Jürgen Hammerstaedt, Martin Ferguson Smith, The Epicurean Inscription of Diogenes of Oinoanda: Ten Years of New Discoveries and Research. Bonn: Verlag Dr. Rudolf Habelt, 2014. Pp. 288. ISBN 9783774939271. €69.00.

Reviewed by Pamela Gordon, University of Kansas (pgordon@ku.edu)

Version at BMCR home site

[Authors and titles are listed at the end of the review.]

That Epicurus was such a prolific writer irked his ancient detractors. Epictetus thought that Epicurus' efforts to compose and broadcast his texts contradicted his stance on friendship (Discourses 2.20.20), and Plutarch claimed that Epicurus' energetic communications with an array of readers violated the "live unnoticed" precept attributed to him (Moralia 1128). Diogenes of Oinoanda would have caused similar consternation. Faced with human suffering, Diogenes considers it the responsibility of "any good man" (χρηστὸς τις ἀνήρ, fragment 2 II 11-12) to run to the aid of his contemporaries (an intervention he expresses with the pun ἐπικουρεῖν fragment 2 V 7).1 This philosophical rescue effort took place not just among small circles of like-minded friends, but on the walls of a stoa in the thick of things in urban Oinoanda (in southwest Asia Minor, now Turkey). Of all known inscriptions from Greek and Roman antiquity, Diogenes' is the longest. According to the preface by Hammerstaedt and Smith, this limestone inscription of Roman imperial date ("probably the first half of the second century AD") "may have occupied about 260 square metres of wall-space and contained about 25,000 words" (p. 1). Oenoanda had a rich epigraphic culture, and it seems highly relevant that Diogenes chose the medium favored by other wealthy elites and public benefactors, particularly in the Greek East.

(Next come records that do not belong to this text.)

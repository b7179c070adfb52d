-- ===== src/Mysql/Event.antt =====
-- mysql/decode/decoder/dblog.go: a binlog event as the shared event. The bodies `B` are a parameter,
-- with their encoding, the rows event that a body is, and the body that a rows event is.
pub mod Raw
use go_dblog.Prelude.{ℕ, Bool, Option, none, some, [], ◌∷◌, ◌++◌, if◌then◌else◌}
use go_dblog.Prelude.Text.{Bytes, codes, is_empty}
use go_dblog.Prelude.Decimal.{itoa}
use go_dblog.Dblog.Types.{Source, Event}
use go_dblog.Dblog.Stream.{Round, emit, last, take_round}
use go_dblog.Mysql.Bytes.{EventError}
use go_dblog.Mysql.EventTypes.{builtin_type_name}
use go_dblog.Mysql.Header.{EventHeader}
use go_dblog.Mysql.Rows.Event.{BinRowsEvent}
use go_dblog.Mysql.Rows.Reverse.{reverse}
use go_dblog.Mysql.File.{FileEvent}

abbrev pub driver : Bytes
driver = codes "mysql"

pub record Position : Type 0 where
  pub file : Bytes
  pub pos : ℕ

-- `Position.String`
unfoldable pub position_string : Position → Bytes
position_string p = if is_empty p.file then itoa p.pos else p.file ++ b':' ∷ itoa p.pos

pub record DblogEvent (B : Type 0) : Type 0 where
  pub source : Source
  pub event : Option (FileEvent B)

-- The header, where neither the event nor its header is nil.
abbrev pub header_of : {B : Type 0} → Option (FileEvent B) → Option EventHeader
header_of none = none
header_of (some e) = e.frame.header

-- `position`
unfoldable pub position : {B : Type 0} → DblogEvent B → Position
position e = record {
  file = e.source.name;
  pos = elim (header_of e.event) [ none ↦ 0 | some h ↦ h.log_pos ];
}

-- `SourceDriver`
unfoldable pub source_driver : Source → Bytes
source_driver s = if is_empty s.driver then driver else s.driver

-- `Body`
abbrev pub body : {B : Type 0} → Option (FileEvent B) → Option B
body none = none
body (some e) = some e.body

module _ {B : Type 0} (encode : B → Bytes) where
  -- `Raw` of an event with a header.
  unfoldable pub raw_of : EventHeader → FileEvent B → Bytes
  raw_of h e = h.base ++ (encode e.body ++ e.frame.checksum_val)

  unfoldable pub raw : Option (FileEvent B) → Bytes
  unfolding raw_of
  raw none = []
  raw (some e) = elim e.frame.header [ none ↦ [] | some h ↦ raw_of h e ]

module _ {B : Type 0} (rows_of : B → Option BinRowsEvent) (rows_body : BinRowsEvent → B) where
  -- The native event that undoes the rows, with its event type.
  unfoldable pub undone : EventHeader → BinRowsEvent × ℕ → FileEvent B
  undone h (r, typ) = record {
    frame = record {
      header = some (record h { event_type = typ; base = [] });
      checksum_type = 0;
      checksum_val = [];
    };
    body = rows_body r;
  }

  unfoldable pub reverse_with : EventHeader → Option BinRowsEvent → Option (FileEvent B)
  unfolding reverse undone
  reverse_with h none = none
  reverse_with h (some r) = elim (reverse r h.event_type) [
    | none ↦ none
    | some r' ↦ some (undone h r')
  ]

  -- `Reverse`
  unfoldable pub reverse_event : Option (FileEvent B) → Option (FileEvent B)
  unfolding reverse_with
  reverse_event none = none
  reverse_event (some e) = elim e.frame.header [
    | none ↦ none
    | some h ↦ reverse_with h (rows_of e.body)
  ]

-- The methods of `DblogEvent`.
unfoldable pub as_event :
    {B : Type 0}
    → (B → Bytes)
    → (B → Option BinRowsEvent)
    → (BinRowsEvent → B)
    → DblogEvent B
    → Event (Option B) (FileEvent B)
unfolding builtin_type_name position_string position source_driver raw reverse_event
as_event encode rows_of rows_body e = record {
  source_driver = source_driver e.source;
  source_name = e.source.name;
  position_driver = driver;
  position_string = position_string (position e);
  kind = elim (header_of e.event) [ none ↦ [] | some h ↦ builtin_type_name h.event_type ];
  raw = raw encode e.event;
  body = body e.event;
  reverse = some (reverse_event rows_of rows_body e.event);
}

-- `WrapDblogDecoder`
unfoldable pub wrap_source : Source → Source
unfolding source_driver
wrap_source s = record s { driver = source_driver s }

-- One item of `DblogDecoder.Events`; an event of the file decoder is not nil.
unfoldable pub wrap_round :
    {B : Type 0}
    → Source
    → Option (FileEvent B) × Option EventError
    → Round (Option (DblogEvent B) × Option EventError)
wrap_round source (e, some x) = last (none, some x)
wrap_round source (e, none) = emit (some (record { source = source; event = e }), none)

-- `DblogDecoder.Events` over the events of a file decoder; `R` is what a run of its loop gives.
unfoldable pub wrap_events :
    {B S R : Type 0}
    → Source
    → ((S → Option (FileEvent B) × Option EventError → S × Bool) → S → R)
    → (S → Option (DblogEvent B) × Option EventError → S × Bool)
    → S
    → R
unfolding wrap_round take_round
wrap_events source events yield = events (λ s item. take_round yield s (wrap_round source item))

It is fitting that such a generous, affable, and industrious Epicurean should have the expert support of Hammerstaedt and Smith, who have not only devoted considerable effort to the discovery and preservation of the fragments of Diogenes' dismantled inscription, but who have also published the new fragments and new readings of rediscovered stones within months of their discovery (along with indispensable commentaries and translations). Smith has been the international leader of work on Diogenes of Oinoanda since 1968, and most of this volume presents the fruitful results of his collaboration with Hammerstaedt, a relative newcomer.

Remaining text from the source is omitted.